[Start of Attachment]
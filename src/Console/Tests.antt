-- ===== src/Console/Tests.antt =====
-- Runs of console.c on concrete keys and reads.
use xv6_fork.Prelude.{
  ℕ, zero, suc, ◌+◌, ◌%◌, get_or, ◌==◌, if◌then◌else◌, ◌≡◌, ◌<◌, refl, arith, false, List, [], ◌∷◌,
}
use xv6_fork.Console.{
  Input, Event, shown, woken, dumped, consoleintr, key, erase_line, erase, type_char, intr_from,
  read_from, consoleread, consolewrite,
}
use xv6_fork.Console.Ring.{Shows}
use xv6_fork.Console.Keys.{AllBytes}
use xv6_fork.Console.Lines.{ReadsLine, consoleread-ReadsLine}
use xv6_fork.Console.Session.{Op, keys, read, run, spec_run, ByteOps, run-refines}

abbrev storage : ℕ → ℕ
storage k = 7

-- "ab", backspace, "c", C('U'), "hi", C('P') and a carriage return.
abbrev typed : List ℕ
typed = 97 ∷ 98 ∷ 8 ∷ 99 ∷ 21 ∷ 104 ∷ 105 ∷ 16 ∷ 13 ∷ []

abbrev blank : Input
blank = record { buf = storage; r = 0; w = 0; e = 0 }

abbrev echoed : List Event
echoed =
    shown 97
    ∷ shown 98
    ∷ shown 256
    ∷ shown 99
    ∷ shown 256
    ∷ shown 256
    ∷ shown 104
    ∷ shown 105
    ∷ shown 10
    ∷ woken
    ∷ dumped
    ∷ []

typed_events : (consoleintr typed blank).1 ≡ echoed
unfolding consoleintr intr_from key erase_line erase type_char
typed_events = refl

typed_read : (consoleread false 5 (consoleintr typed blank).0).1 ≡ 104 ∷ 105 ∷ 10 ∷ []
unfolding consoleread read_from consoleintr intr_from key erase_line erase type_char
typed_read = refl

hello_written : consolewrite (104 ∷ 300 ∷ []) ≡ shown 104 ∷ shown 44 ∷ []
unfolding consolewrite
hello_written = refl

abbrev session : List Op
session = read 5 false 5 ∷ keys typed ∷ read 5 false 5 ∷ read 3 false 3 ∷ []

typed-bytes : AllBytes typed
unfolding AllBytes
typed-bytes = ground arith

session-ByteOps : ByteOps session
unfolding ByteOps
session-ByteOps = (typed-bytes, omega arith)

run-refines_example : run blank session ≡ spec_run (record { ready = []; line = [] }) session
run-refines_example = run-refines session storage session-ByteOps

-- A ring whose counters are about to wrap: "a\nb" can be read and "c" is typed.
abbrev wrapping : Input
wrapping = record {
  buf = λ k. if k == 126 then 97 else (if k == 127 then 10 else (if k == 0 then 98 else 99));
  r = 4294967294;
  w = 1;
  e = 2;
}

ready_char :
    (k : ℕ) → k < 3 → wrapping.buf ((wrapping.r + k) % 128) ≡ get_or (97 ∷ 10 ∷ 98 ∷ []) k 0
ready_char zero h = refl
ready_char (suc zero) h = refl
ready_char (suc (suc zero)) h = refl
ready_char (suc (suc (suc k))) h = absurd (omega arith)

line_char : (k : ℕ) → k < 1 → wrapping.buf ((wrapping.w + k) % 128) ≡ get_or (99 ∷ []) k 0
line_char zero h = refl
line_char (suc k) h = absurd (omega arith)

wrapping-Shows : Shows wrapping (97 ∷ 10 ∷ 98 ∷ []) (99 ∷ [])
wrapping-Shows = record {
  r_word = omega arith;
  w_here = refl;
  e_here = refl;
  fits = omega arith;
  ready_at = ready_char;
  line_at = line_char;
}

consoleread-ReadsLine_example :
    ReadsLine false 8 (97 ∷ 10 ∷ 98 ∷ []) (99 ∷ []) (consoleread false 8 wrapping)
consoleread-ReadsLine_example =
    consoleread-ReadsLine false 8 wrapping (97 ∷ 10 ∷ 98 ∷ []) (99 ∷ []) wrapping-Shows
[End of Attachment]
The task: Output the entries above word for word.

Completed task:
filename src/Console/Tests.antt
-- ===== src/Console/Tests.antt =====
-- Runs of console.c on concrete keys and reads.
use xv6_fork.Prelude.{
  ℕ, zero, suc, ◌+◌, ◌%◌, get_or, ◌==◌, if◌then◌else◌, ◌≡◌, ◌<◌, refl, arith, false, List, [], ◌∷◌,
}
use xv6_fork.Console.{
  Input, Event, shown, woken, dumped, consoleintr, key, erase_line, erase, type_char, intr_from,
  read_from, consoleread, consolewrite,
}
use xv6_fork.Console.Ring.{Shows}
use xv6_fork.Console.Keys.{AllBytes}
use xv6_fork.Console.Lines.{ReadsLine, consoleread-ReadsLine}
use xv6_fork.Console.Session.{Op, keys, read, run, spec_run, ByteOps, run-refines}

abbrev storage : ℕ → ℕ
storage k = 7

-- "ab", backspace, "c", C('U'), "hi", C('P') and a carriage return.
abbrev typed : List ℕ
typed = 97 ∷ 98 ∷ 8 ∷ 99 ∷ 21 ∷ 104 ∷ 105 ∷ 16 ∷ 13 ∷ []

abbrev blank : Input
blank = record { buf = storage; r = 0; w = 0; e = 0 }

abbrev echoed : List Event
echoed =
    shown 97
    ∷ shown 98
    ∷ shown 256
    ∷ shown 99
    ∷ shown 256
    ∷ shown 256
    ∷ shown 104
    ∷ shown 105
    ∷ shown 10
    ∷ woken
    ∷ dumped
    ∷ []

typed_events : (consoleintr typed blank).1 ≡ echoed
unfolding consoleintr intr_from key erase_line erase type_char
typed_events = refl

typed_read : (consoleread false 5 (consoleintr typed blank).0).1 ≡ 104 ∷ 105 ∷ 10 ∷ []
unfolding consoleread read_from consoleintr intr_from key erase_line erase type_char
typed_read = refl

hello_written : consolewrite (104 ∷ 300 ∷ []) ≡ shown 104 ∷ shown 44 ∷ []
unfolding consolewrite
hello_written = refl

abbrev session : List Op
session = read 5 false 5 ∷ keys typed ∷ read 5 false 5 ∷ read 3 false 3 ∷ []

typed-bytes : AllBytes typed
unfolding AllBytes
typed-bytes = ground arith

session-ByteOps : ByteOps session
unfolding ByteOps
session-ByteOps = (typed-bytes, omega arith)

run-refines_example : run blank session ≡ spec_run (record { ready = []; line = [] }) session
run-refines_example = run-refines session storage session-ByteOps

-- A ring whose counters are about to wrap: "a\nb" can be read and "c" is typed.
abbrev wrapping : Input
wrapping = record {
  buf = λ k. if k == 126 then 97 else (if k == 127 then 10 else (if k == 0 then 98 else 99));
  r = 4294967294;
  w = 1;
  e = 2;
}

ready_char :
    (k : ℕ) → k < 3 → wrapping.buf ((wrapping.r + k) % 128) ≡ get_or (97 ∷ 10 ∷ 98 ∷ []) k 0
ready_char zero h = refl
ready_char (suc zero) h = refl
ready_char (suc (suc zero)) h = refl
ready_char (suc (suc (suc k))) h = absurd (omega arith)

line_char : (k : ℕ) → k < 1 → wrapping.buf ((wrapping.w + k) % 128) ≡ get_or (99 ∷ []) k 0
line_char zero h = refl
line_char (suc k) h = absurd (omega arith)

wrapping-Shows : Shows wrapping (97 ∷ 10 ∷ 98 ∷ []) (99 ∷ [])
wrapping-Shows = record {
  r_word = omega arith;
  w_here = refl;
  e_here = refl;
  fits = omega arith;
  ready_at = ready_char;
  line_at = line_char;
}

consoleread-ReadsLine_example :
    ReadsLine false 8 (97 ∷ 10 ∷ 98 ∷ []) (99 ∷ []) (consoleread false 8 wrapping)
consoleread-ReadsLine_example =
    consoleread-ReadsLine false 8 wrapping (97 ∷ 10 ∷ 98 ∷ []) (99 ∷ []) wrapping-Shows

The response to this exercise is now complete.